The reason why you might consider the second option is that the waveform form the driver that's 45" away, that's playing 150hz, will be out-of-phase by the time that it reaches you. *This is because it's traveled one half of a wavelength.*


Obviously, once you think about this for a couple minutes, it will probably occur to you that a lot of muddiness in the midbass may be caused by the gap between the subwoofer in the trunk and the midbasses up front. Basically the two drivers are at a distance where they can create some nasty interactions with each other in the range of 100hz-200hz.


Another alternative to using bandpass drivers to 'null out' cabin resonances is to use a combination of sealed and ported woofers. This one is a bit trickier, but basically the idea is that the driver phase shifts as it gets closer to 20hz, so you could use this to your advantage.
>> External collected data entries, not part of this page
-- ===== src/Lv2/Ports.antt =====
-- The host's ports (src/lv2_host_core.cpp): how the constructor reads them from lilv, and the
-- control ports' values.
use ee_eq_cli.Common.{
  ℕ, zero, suc, ◌+◌, true, false, not, String, List, [], ◌∷◌, Option, none, some, ◌=s◌, ◌<>◌,
  get_elem?, find, keep, on_option, if◌then◌else◌,
}
use ee_eq_cli.Floats.{FloatOps}
use ee_eq_cli.Lv2.{
  Port, PortType, control, audio, atom, LilvPort, Lilv, no_world, invalid_uri, not_found, found,
  AudioPorts, Lv2HostCore,
}

-- The infinities that a port's bounds start with.
pub record Infinities (Fl : Type 0) : Type 0 where
  pub lowest : Fl
  pub highest : Fl

module _ (F : FloatOps) (I : Infinities F.Float) where
  open F use {Float, f_zero, f_lt, f_ne}

  -- `if (!std::isnan(x))`: only a NaN differs from itself.
  abbrev pub unless_nan : Float → Float → Float
  unless_nan x default_value = if f_ne x x then default_value else x

  abbrev port_type : LilvPort Float → PortType
  port_type p =
      if p.is_control
      then control
      else if p.is_atom
      then atom
      else if p.is_audio
      then audio
      else control

  abbrev pub port_of : ℕ → LilvPort Float → Port Float
  port_of i p = record {
    type = port_type p;
    index = i;
    name = p.name;
    symbol = p.symbol;
    value = unless_nan p.value f_zero;
    min = unless_nan p.minimum I.lowest;
    max = unless_nan p.maximum I.highest;
    is_input = p.is_input;
    optional = p.optional;
  }

  abbrev pub ports_from : ℕ → List (LilvPort Float) → List (Port Float)
  ports_from i [] = []
  ports_from i (p ∷ ps) = port_of i p ∷ ports_from (i + 1) ps

  -- The `n`-th audio input and output.
  abbrev with_audio_input : ℕ → ℕ → AudioPorts → AudioPorts
  with_audio_input zero i a = record a { in_left = some i }
  with_audio_input (suc zero) i a = record a { in_right = some i }
  with_audio_input (suc (suc zero)) i a = record a { probe_left = some i }
  with_audio_input (suc (suc (suc zero))) i a = record a { probe_right = some i }
  with_audio_input (suc (suc (suc (suc n)))) i a = a

  abbrev with_audio_output : ℕ → ℕ → AudioPorts → AudioPorts
  with_audio_output zero i a = record a { out_left = some i }
  with_audio_output (suc zero) i a = record a { out_right = some i }
  with_audio_output (suc (suc n)) i a = a

  -- With the numbers of audio inputs and outputs so far.
  abbrev pub audio_ports_from : ℕ → ℕ → List (Port Float) → AudioPorts → AudioPorts
  audio_ports_from ins outs [] a = a
  audio_ports_from ins outs (p ∷ ps) a =
      let rest_in = audio_ports_from (ins + 1) outs ps (with_audio_input ins p.index a) in
      let rest_out = audio_ports_from ins (outs + 1) ps (with_audio_output outs p.index a) in
      let rest = audio_ports_from ins outs ps a in
      elim p.type [
        | control ↦ rest
        | atom ↦ rest
        | audio ↦ if p.is_input then rest_in else rest_out
      ]

  abbrev no_audio : AudioPorts
  no_audio = record {
    in_left = none;
    in_right = none;
    probe_left = none;
    probe_right = none;
    out_left = none;
    out_right = none;
  }

  -- A symbol that comes twice has its last port.
  abbrev pub index_from : List (Port Float) → List (String × ℕ) → List (String × ℕ)
  index_from [] index = index
  index_from (p ∷ ps) index =
      let rest = index_from ps index in
      let added = index_from ps ((p.symbol, p.index) ∷ keep (λ e. not (e.0 =s p.symbol)) index) in
      elim p.type [ control ↦ added | audio ↦ rest | atom ↦ rest ]

  abbrev empty_host : String → String → Lv2HostCore Float
  empty_host plugin_uri error = record {
    plugin_uri = plugin_uri;
    found_plugin = false;
    init_error = error;
    instance_ = none;
    sample_rate = 0;
    block_size = 0;
    next_urid = 1;
    uri_to_urid = [];
    urid_to_uri = [];
    ports = [];
    control_port_index = [];
    audio_ports = no_audio;
  }

  abbrev pub create_ports : List (LilvPort Float) → Lv2HostCore Float → Lv2HostCore Float
  create_ports lilv_ports h =
      let ports = ports_from 0 lilv_ports in
      record h {
        ports = ports;
        audio_ports = audio_ports_from 0 0 ports no_audio;
        control_port_index = index_from ports [];
      }

  unfoldable pub new_host : String → Lilv Float → Lv2HostCore Float
  new_host plugin_uri no_world = empty_host plugin_uri "failed to initialize Lilv world"
  new_host plugin_uri invalid_uri = empty_host plugin_uri ("invalid LV2 plugin URI: " <> plugin_uri)
  new_host plugin_uri not_found =
      empty_host plugin_uri ("could not find LV2 plugin: " <> plugin_uri)
  new_host plugin_uri (found ports) =
      create_ports ports (record (empty_host plugin_uri "") { found_plugin = true })

  -- `std::clamp`
  abbrev pub clamp : Float → Float → Float → Float
  clamp value low high = if f_lt value low then low else if f_lt high value then high else value

  abbrev pub control_port : Lv2HostCore Float → String → Option ℕ
  control_port h symbol =
      on_option (find (λ e. e.0 =s symbol) h.control_port_index) none (λ e. some e.1)

  abbrev pub set_value : Float → Port Float → Port Float
  set_value value p = if not p.is_input then p else record p { value = clamp value p.min p.max }

  abbrev pub at_index : ℕ → (Port Float → Port Float) → List (Port Float) → List (Port Float)
  at_index i f [] = []
  at_index zero f (p ∷ ps) = f p ∷ ps
  at_index (suc i) f (p ∷ ps) = p ∷ at_index i f ps

  unfoldable pub set_control_port_value : String → Float → Lv2HostCore Float → Lv2HostCore Float
  set_control_port_value symbol value h =
      on_option (control_port h symbol) h
        (λ i. record h { ports = at_index i (set_value value) h.ports })

  abbrev pub value_of : Option (Port Float) → Float
  value_of none = f_zero
  value_of (some p) = p.value

  unfoldable pub get_control_port_value : String → Lv2HostCore Float → Float
  get_control_port_value symbol h =
      on_option (control_port h symbol) f_zero (λ i. value_of (get_elem? h.ports i))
IE, if you had a resonance at 150hz, you might consider using a ported subwoofer with positive polarity. If the ported sub was 48" away from your sealed midbasses in the doors, the output from the upper end of the ported box would be out of phase with the door speakers at 150hz. So if there was a peak in the response curve, the output from the upper end of the ported box would 'null out' that peak.


----------



## Hanatsu (Nov 9, 2010)

Patrick Bateman said:


> A few observations:
> 
> 1) I'm not 100% convinced that the drivers need to be up front. For instance, let's say that you have a nasty resonance at 150hz in your car. You *could* put a bandpass enclosure that's out-of-phase at 150hz, and stick it under the dash.
> 
> ...


I tried a 4th order BP under the dash, under the seat, behind the seat, in the trunk facing forward and laying on the floor at the passenger side.

Found that these locations all changed the decay pattern. This is kinda weird to me, why is that happening?... 'Under the dash' location removed the 0-60ms portion more than behind the seat which cancelled out 60ms+ more but with less effect before 60ms (or so). SPL differed from 3-15dB down depending on location and relative phase. Nice thing is that you can adjust the decrease in SPL with T/A as the BP-box closes in towards full cancellation at the specific frequency. Too bad I never saved the measurements ;<


----------



## bbfoto (Aug 28, 2005)

Awesome thread.  It's going to take me a while to digest it all, but thank you to all who have contributed so far!


----------



## avanti1960 (Sep 24, 2011)

Patrick Bateman said:


> A few observations:
> 
> 1) I'm not 100% convinced that the drivers need to be up front. For instance, let's say that you have a nasty resonance at 150hz in your car. You *could* put a bandpass enclosure that's out-of-phase at 150hz, and stick it under the dash.
> 
> ...


For a mass market OEM approach the cancellation driver would go wherever is cheapest. If it can remain in phase at a specific distance without time delay processing then theoretically they could get away with a passive crossover network or ported enclosure. 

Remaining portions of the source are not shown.